The roster above has an average age of 24.2 years (on opening day).


----------



## Nightfly (Sep 24, 2002)

Masbee said:


> We won't know until our roster is set for the season before we can be sure.
> 
> What is the record for the youngest team in NBA history?
> 
> ...


It's weird for me to think there are players in the NBA that are younger then I am.


----------



## BIG Q (Jul 8, 2005)

HearToTemptYou said:


> It's weird for me to think there are players in the NBA that are younger then I am.


You're only 20. Try looking for players that are younger than you when you are 40!


----------



## RedHot&Rolling (Jun 26, 2004)

BEER&BASKETBALL said:


> GREAT avatar RedHot&Rolling!!! I wish I still had that poster.


Kind thanks. It's good to keep all old-things Blazers!!


----------



## Ed O (Dec 30, 2002)

I can't help but shake my head at how terrible this team is going to be this year. At this point, the team is cutting DA so its younger players can get more minutes. That's pathetic. The team just hired a new coach to a long-term contract... he should be able to plant DA at the end of the bench if the young players that the team is so eager to play aren't good enough to win minutes away from him.

I wonder if the team win more or fewer games than its average age in years?

Ed O.


----------



## BIG Q (Jul 8, 2005)

Ed O said:


> I can't help but shake my head at how terrible this team is going to be this year.
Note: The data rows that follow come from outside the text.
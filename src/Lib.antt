-- ===== src/Lib.antt =====
-- A model of kubernetes-controller-sharding: controllers that share their objects by consistent hashing.
--
-- The program. A ring of shards (a ControllerRing) has one Lease for each shard. The sharder process
-- runs a webhook, which assigns new objects to shards by a label, and three controllers: the sharder
-- controller, which drains or moves objects that are on the wrong shard, the shardlease controller,
-- which follows the life of each Lease, and the controllerring controller, which maintains the webhook
-- configuration and the status of a ring. Each shard holds its Lease and wraps its own reconciler in one
-- that looks at the shard label and the drain label of an object first.
--
-- The files and the code. Names are those of the source in snake case.
--   Base             shared helpers: tests, lists, texts, integers, Go maps, results, paths
--   Api              pkg/apis/sharding/v1alpha1, the fields of objects, labels (a nil map is `none`)
--   Consistenthash   pkg/sharding/consistenthash/ring.go: New, AddNodes, Hash
--   Leases           pkg/sharding/leases: ToTimes, ToState, String, ToShards
--   Sharding         pkg/sharding/ring, pkg/sharding/predicate (with LeasePredicate of the three
--                    controllers), pkg/sharding/key, pkg/sharding/handler
--   Webhook          pkg/webhook/sharder: the paths of add.go, Handle of handler.go; Applied reads the
--                    operations of a response as RFC 6902 says
--   Pager            pkg/utils/pager/pager.go
--   Sharder          pkg/controller/sharder/reconciler.go: Operation has the resync as one sequence,
--                    Workers its producer and workers as interleaved steps, Reconcile the rest
--   Shardlease       pkg/controller/shardlease/reconciler.go
--   Shard            pkg/shard/controller, pkg/shard/lease; Handover puts the webhook, the sharder and
--                    the shards together as steps on the labels of an object, Convergence as the
--                    way of a misplaced object to its shard
--   Controllerring   pkg/controller/controllerring/reconciler.go; Config has the webhook configuration
--   Configuration    pkg/apis/config/v1alpha1: the types, and their defaults in Defaults
--   Command          cmd/sharder/app/options.go: from the configuration to the options of the manager
--   Checksum         cmd/checksum-controller/reconciler.go
--   Webhosting       webhosting-operator/pkg/controllers/webhosting with pkg/apis/webhosting/v1alpha1 and
--                    pkg/utils/kubernetes.go of that module: Objects has what is made of each object,
--                    Reconcile the reconciler and its predicates
--   Operator         webhosting-operator/pkg/apis/config/v1alpha1, and in Options
--                    webhosting-operator/cmd/webhosting-operator/main.go
--   Tracker          webhosting-operator/pkg/experiment/tracker
--   Measure          webhosting-operator/cmd/measure/main.go: the cursors and objectives; Run has the
--                    queries and their tables
--   Examples         the theorems applied to concrete inputs
--
-- How it is modelled. A handler is a function of what the outside answers, and returns its result with
-- the list of the calls that it makes. The API server, the cache, the clock, the default hash and
-- apimachinery are fields of a record that the handler takes. Errors are constructors that name where
-- they were wrapped. A time is a number of nanoseconds as an integer; durations are 64 bits wide, so
-- differences saturate and sums wrap, and theorems on times ask that they lie within about 73 years of
-- each other. Hash values are natural numbers, a float32 is its bits. Maps are association lists.
-- How the API server rounds the times of a lease that it stores is a parameter.
-- `CreateOrPatch` of controller-runtime is a parameter that takes the change of an object as a function;
-- the fields of an object that no change touches are left out.
--
-- Fuel. The binary search gets the length of the list, which halves in each round; a decimal number gets
-- one round for each unit of its value, which is more than its digits; the pager gets a number of rounds
-- from the caller, since a server could send tokens forever, and a number of pages is enough for a list
-- of that many pages; a loop over a result of a query gets a round for each value, and one more.
--
-- Not modelled. Logs, spans and metrics (the counted assignments of the webhook are kept); the
-- background goroutine and the buffer of the pager as steps of their own (a context that is done stops
-- the fetching and the handling of pages); cancellation, but for the pages and the workers of a
-- resync, where a patch that is sent later may get any answer; the registration of controllers and
-- webhooks with their manager, and flags; generated deep copies; in the operator for websites its
-- templates, metrics and load generation, and the flags of the measurements.
pub mod Base
pub mod Examples
pub mod Consistenthash
pub mod Api
pub mod Leases
pub mod Sharding
pub mod Webhook
pub mod Pager
pub mod Sharder
pub mod Controllerring
pub mod Shardlease
pub mod Shard
pub mod Configuration
pub mod Command
pub mod Webhosting
pub mod Tracker
pub mod Checksum
pub mod Operator
pub mod Measure
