-- ===== src/Api.antt =====
-- The API objects of Kubernetes and of this project (pkg/apis/sharding/v1alpha1).
pub mod Core
pub mod Labels
pub mod ControllerRing
pub mod Client
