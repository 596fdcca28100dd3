-- ===== src/Api/Client.antt =====
-- The errors of the Kubernetes API, as far as the program tells them apart.
use kubernetes_controller_sh.Base.{String, Bool, true, false}

pub data ApiError : Type 0 where
  not_found conflict : ApiError
  other_error : String → ApiError

-- `apierrors.IsNotFound`
abbrev pub is_not_found : ApiError → Bool
is_not_found not_found = true
is_not_found conflict = false
is_not_found (other_error m) = false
At this point, the team is cutting DA so its younger players can get more minutes. That's pathetic. The team just hired a new coach to a long-term contract... he should be able to plant DA at the end of the bench if the young players that the team is so eager to play aren't good enough to win minutes away from him.
> 
> I wonder if the team win more or fewer games than its average age in years?
> 
> Ed O.


Ed O,

At this point I think we can take the Blazers managments words litterally now. They have said directly that they want to start a new winning tradition. They want to build with youth so that the team will run. 
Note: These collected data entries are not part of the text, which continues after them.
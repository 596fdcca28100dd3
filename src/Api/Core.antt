-- ===== src/Api/Core.antt =====
-- The Kubernetes objects that the program reads and writes: the fields that it uses, and the constants
-- of pkg/apis/sharding/v1alpha1/constants.go.
use kubernetes_controller_sh.Base.{String, ◌<>◌, Bool, Option, List}
use kubernetes_controller_sh.Base.Int.{ℤ}
use kubernetes_controller_sh.Base.Map.{Map}

abbrev pub namespace_system : String
namespace_system = "sharding-system"

abbrev pub app_controller_sharding : String
app_controller_sharding = "controller-sharding"

abbrev pub alpha_prefix : String
alpha_prefix = "alpha.sharding.timebertt.dev/"

abbrev pub label_controller_ring : String
label_controller_ring = alpha_prefix <> "controllerring"

abbrev pub label_state : String
label_state = alpha_prefix <> "state"

abbrev pub label_shard_prefix : String
label_shard_prefix = "shard." <> alpha_prefix

abbrev pub label_drain_prefix : String
label_drain_prefix = "drain." <> alpha_prefix

abbrev pub identity_shard_lease_controller : String
identity_shard_lease_controller = "shardlease-controller"

unfoldable pub label_shard : String → String
label_shard ring_name = label_shard_prefix <> ring_name

unfoldable pub label_drain : String → String
label_drain ring_name = label_drain_prefix <> ring_name

-- A nil map is `none`.
abbrev pub Labels : Type 0
Labels = Option (Map String String)

pub record OwnerReference : Type 0 where
  pub api_version : String
  pub kind : String
  pub name : String
  pub controller : Option Bool

pub record ObjectMeta : Type 0 where
  pub name : String
  pub namespace : String
  pub generate_name : String
  pub resource_version : String
  pub labels : Labels
  pub owner_references : List OwnerReference

pub record GroupVersionKind : Type 0 where
  pub group : String
  pub version : String
  pub kind : String

pub record GroupResource : Type 0 where
  pub group : String
  pub resource : String

-- metav1.PartialObjectMetadata.
pub record Object : Type 0 where
  pub gvk : GroupVersionKind
  pub meta : ObjectMeta

-- coordinationv1.LeaseSpec; times are in nanoseconds.
pub record LeaseSpec : Type 0 where
  pub holder_identity : Option String
  pub lease_duration_seconds : Option ℤ
  pub acquire_time : Option ℤ
  pub renew_time : Option ℤ
  pub lease_transitions : Option ℤ

pub record Lease : Type 0 where
  pub meta : ObjectMeta
  pub spec : LeaseSpec
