-- ===== src/Api/ControllerRing.antt =====
-- pkg/apis/sharding/v1alpha1/types_controllerring.go
use kubernetes_controller_sh.Base.{String, Option, List, [], ◌∷◌}
use kubernetes_controller_sh.Base.Int.{ℤ}
use kubernetes_controller_sh.Api.Core.{
  GroupResource, label_controller_ring, label_shard, label_drain,
}

pub record Requirement : Type 0 where
  pub key : String
  pub operator : String
  pub values : List String

-- metav1.LabelSelector
pub record LabelSelector : Type 0 where
  pub match_labels : List (String × String)
  pub match_expressions : List Requirement

pub record RingResource : Type 0 where
  pub group_resource : GroupResource
  pub controlled_resources : List GroupResource

pub record ControllerRingSpec : Type 0 where
  pub resources : List RingResource
  pub namespace_selector : Option LabelSelector

abbrev pub controller_ring_ready : String
controller_ring_ready = "Ready"

-- metav1.Condition; `SetStatusCondition` keeps the transition time.
pub record Condition : Type 0 where
  pub type_name : String
  pub status : String
  pub observed_generation : ℤ
  pub reason : String
  pub message : String
  pub last_transition_time : ℤ

pub record ControllerRingStatus : Type 0 where
  pub observed_generation : ℤ
  pub shards : ℤ
  pub available_shards : ℤ
  pub conditions : List Condition

pub record ControllerRing : Type 0 where
  pub name : String
  pub generation : ℤ
  pub spec : ControllerRingSpec
  pub status : ControllerRingStatus

-- The set that `LeaseSelector` selects by.
unfoldable pub lease_selector : ControllerRing → List (String × String)
lease_selector ring = (label_controller_ring, ring.name) ∷ []

-- The methods `LabelShard` and `LabelDrain` of a ring.
unfoldable pub ring_label_shard : ControllerRing → String
ring_label_shard ring = label_shard ring.name

unfoldable pub ring_label_drain : ControllerRing → String
ring_label_drain ring = label_drain ring.name
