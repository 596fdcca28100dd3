-- ===== src/Api/Labels.antt =====
-- Reading and writing the labels of an object, where a nil map reads as an empty one.
use kubernetes_controller_sh.Base.{String, ◌≡◌, Option, none, some, [], if◌then◌else◌, ◌==◌, arith}
use kubernetes_controller_sh.Base.Map.{
  Map, string_key, lookup, insert, delete, or_empty, lookup-insert, lookup-delete,
}

module _ where
  -- `v, ok := labels[key]`
  unfoldable pub find_label : Option (Map String String) → String → Option String
  find_label none key = none
  find_label (some m) key = lookup key m

  -- `labels[key]`
  unfoldable pub get_label : Option (Map String String) → String → String
  unfolding find_label
  get_label labels key = or_empty (find_label labels key)

  -- `metav1.SetMetaDataLabel` makes the map first if it is nil.
  unfoldable pub set_label :
      Option (Map String String) → String → String → Option (Map String String)
  set_label none key v = some (insert key v [])
  set_label (some m) key v = some (insert key v m)

  -- `delete(labels, key)`, which does nothing to a nil map.
  unfoldable pub delete_label : Option (Map String String) → String → Option (Map String String)
  delete_label none key = none
  delete_label (some m) key = some (delete key m)

  pub find_label-set_label :
      (l : Option (Map String String)) (k j v : String)
      → find_label (set_label l k v) j ≡ (if k == j then some v else find_label l j)
  unfolding find_label set_label lookup
  find_label-set_label none k j v = lookup-insert k j v []
  find_label-set_label (some m) k j v = lookup-insert k j v m

  pub find_label-delete_label :
      (l : Option (Map String String)) (k j : String)
      → find_label (delete_label l k) j ≡ (if k == j then none else find_label l j)
  unfolding find_label delete_label
  find_label-delete_label none k j = ground arith
  find_label-delete_label (some m) k j = lookup-delete k j m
The Blazers want to eradicate the last vestiges of the "melt down boys." They do not want any of the malcontent hold overs from the Damon/Bonzi/Rasheed days. I am sure Zach has been under a lot of scrutiny having learned under those idiots. 
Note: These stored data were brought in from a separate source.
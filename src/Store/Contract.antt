-- ===== src/Store/Contract.antt =====
-- What the comments on the trait promise of each method, against an abstract registry: the devices
-- and the uplinks that were stored. A backend failure (`AppError::Store`) may come at any call; it
-- leaves the registry as it was, but for a change of status, which may be made before the failure.
use mathlib.Core.List.{Perm}
use super_victor.Prelude.{
  ℕ, true, filter, take, All, ◌≡◌, Option, none, some, List, [], ◌∷◌, ◌++◌, if◌then◌else◌,
}
use super_victor.Prelude.Text.{Text, ◌≟◌}
use super_victor.Prelude.Order.{le_text}
use super_victor.Exec.{Result, ok, err}
use super_victor.Models.{DeviceRecord, UplinkRecord, device_already_exists, device_not_found, store}
use super_victor.Store.{DeviceStore}

pub record Registry (V : Type 0) : Type 0 where
  pub devices : List DeviceRecord
  pub uplinks : List (UplinkRecord V)

unfoldable pub find : Text → List DeviceRecord → Option DeviceRecord
find id [] = none
find id (d ∷ ds) = if d.device_id ≟ id then some d else find id ds

unfoldable pub set_status : Text → Text → List DeviceRecord → List DeviceRecord
set_status id status [] = []
set_status id status (d ∷ ds) =
    (if d.device_id ≟ id then record d { status = status } else d) ∷ set_status id status ds

module _ {V S : Type 0} (view : S → Registry V) (s : S) where
  pub data PutDevice (r : DeviceRecord) : Result V DeviceRecord × S → Type 0 where
    stored :
        (s' : S)
        → find r.device_id (view s).devices ≡ none
        → view s' ≡ record (view s) { devices = (view s).devices ++ r ∷ [] }
        → PutDevice r (ok r, s')
    duplicate :
        (s' : S) (d : DeviceRecord)
        → find r.device_id (view s).devices ≡ some d
        → view s' ≡ view s
        → PutDevice r (err (device_already_exists r.device_id), s')
    failed : (s' : S) (e : _) → view s' ≡ view s → PutDevice r (err (store e), s')

  pub data GetDevice (id : Text) : Result V (Option DeviceRecord) × S → Type 0 where
    found : (s' : S) → view s' ≡ view s → GetDevice id (ok (find id (view s).devices), s')
    failed : (s' : S) (e : _) → view s' ≡ view s → GetDevice id (err (store e), s')

  pub data PutUplink (u : UplinkRecord V) : Result V (Unit {0}) × S → Type 0 where
    stored :
        (s' : S)
        → view s' ≡ record (view s) { uplinks = (view s).uplinks ++ u ∷ [] }
        → PutUplink u (ok tt, s')
    failed : (s' : S) (e : _) → view s' ≡ view s → PutUplink u (err (store e), s')

  pub data SetStatus (id status : Text) : Result V DeviceRecord × S → Type 0 where
    updated :
        (s' : S) (d : DeviceRecord)
        → find id (view s).devices ≡ some d
        → view s' ≡ record (view s) { devices = set_status id status (view s).devices }
        → SetStatus id status (ok (record d { status = status }), s')
    missing :
        (s' : S)
        → find id (view s).devices ≡ none
        → view s' ≡ view s
        → SetStatus id status (err (device_not_found id), s')
    failed : (s' : S) (e : _) → view s' ≡ view s → SetStatus id status (err (store e), s')
    -- the change is made, but the device could not be read back
    unread :
        (s' : S) (d : DeviceRecord) (e : _)
        → find id (view s).devices ≡ some d
        → view s' ≡ record (view s) { devices = set_status id status (view s).devices }
        → SetStatus id status (err (store e), s')

pub record IsDeviceStore {V S : Type 0} (st : DeviceStore V S) (view : S → Registry V)
    : Type 0 where
  pub put_device : (r : DeviceRecord) (s : S) → PutDevice view s r (st.put_device r s)
  pub get_device : (id : Text) (s : S) → GetDevice view s id (st.get_device id s)
  pub put_uplink : (u : UplinkRecord V) (s : S) → PutUplink view s u (st.put_uplink u s)
  pub set_device_status :
      (id status : Text) (s : S) → SetStatus view s id status (st.set_device_status id status s)

-- The uplinks of a device.
abbrev pub uplinks_of : {V : Type 0} → Text → List (UplinkRecord V) → List (UplinkRecord V)
uplinks_of id us = filter (λ u. u.device_id ≟ id) us

-- No uplink stands behind one that was received before it.
abbrev pub IsNewestFirst : {V : Type 0} → List (UplinkRecord V) → Type 0
IsNewestFirst [] = Unit
IsNewestFirst (u ∷ us) = All (λ v. le_text v.received_at u.received_at ≡ true) us × IsNewestFirst us

-- A place of a list where the element stands.
pub data Occurs {A : Type 0} (x : A) : List A → Type 0 where
  here : (y : A) (xs : List A) → x ≡ y → Occurs x (y ∷ xs)
  there : (y : A) (xs : List A) → Occurs x xs → Occurs x (y ∷ xs)

-- An uplink of the list that is not older than any other of its device.
pub record IsNewest {V : Type 0} (u : UplinkRecord V) (all : List (UplinkRecord V)) : Type 0 where
  pub occurs : Occurs u all
  pub newest : All (λ v. v.device_id ≡ u.device_id → le_text v.received_at u.received_at ≡ true) all

-- One newest uplink for each device that is asked for and has one, and none that is not the newest.
pub record AreLatest {V : Type 0} (ds : List DeviceRecord) (us all : List (UplinkRecord V))
    : Type 0 where
  pub each_newest : All (λ u. IsNewest u all) us
  pub covers :
      (d : DeviceRecord) (v : UplinkRecord V)
      → Occurs d ds
      → Occurs v all
      → v.device_id ≡ d.device_id
      → (u : UplinkRecord V) × Occurs u us × (u.device_id ≡ d.device_id)

module _ {V S : Type 0} (view : S → Registry V) (s : S) where
  pub data ListDevices : Result V (List DeviceRecord) × S → Type 0 where
    listed :
        (ds : List DeviceRecord) (s' : S)
        → Perm ds (view s).devices
        → view s' ≡ view s
        → ListDevices (ok ds, s')
    failed : (e : _) (s' : S) → view s' ≡ view s → ListDevices (err (store e), s')

  pub data GetUplinks (id : Text) (limit : ℕ) : Result V (List (UplinkRecord V)) × S → Type 0 where
    newest :
        (all : List (UplinkRecord V)) (s' : S)
        → Perm all (uplinks_of id (view s).uplinks)
        → IsNewestFirst all
        → view s' ≡ view s
        → GetUplinks id limit (ok (take limit all), s')
    failed : (e : _) (s' : S) → view s' ≡ view s → GetUplinks id limit (err (store e), s')

  pub data LatestUplinks : Result V (List (UplinkRecord V)) × S → Type 0 where
    latest :
        (us : List (UplinkRecord V)) (s' : S)
        → AreLatest (view s).devices us (view s).uplinks
        → view s' ≡ view s
        → LatestUplinks (ok us, s')
    failed : (e : _) (s' : S) → view s' ≡ view s → LatestUplinks (err (store e), s')

-- The methods that read lists.
pub record IsReader {V S : Type 0} (st : DeviceStore V S) (view : S → Registry V) : Type 0 where
  pub list_devices : (s : S) → ListDevices view s (st.list_devices s)
  pub get_uplinks :
      (id : Text) (limit : ℕ) (s : S) → GetUplinks view s id limit (st.get_uplinks id limit s)
  pub latest_uplinks : (s : S) → LatestUplinks view s (st.latest_uplinks s)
I for one will be glad to see the team purge completed. I never want to see the constant whining that Rasheed and Bonzi forced us to endure when they didn't get their call. I saw enough of Bonzi flipping off fans and spitting on opposing players.

Sure, you can say that was DA. But I give you exhibit A; If he doesn't get his way he pouts like a child, feins injury, waits for PA to "CTC," and then finally gets waived. If I was PA I would not want him anywhere near our promising young guys. Instead of competing for his job DA thought he was entitled to it. The new guys will be fighting for PT. I am sure training camp and preseason will be very competitive.

Yes, they will lose games. But they lost games with DA (and NVE for that matter). How many games won do you propose DA would bring to Portland next season? I think none, he won't suit up and compete. I think he would create more losses than wins.


----------



## ebott (Jan 7, 2003)

Ed O said:


> I wonder if the team win more or fewer games than its average age in years?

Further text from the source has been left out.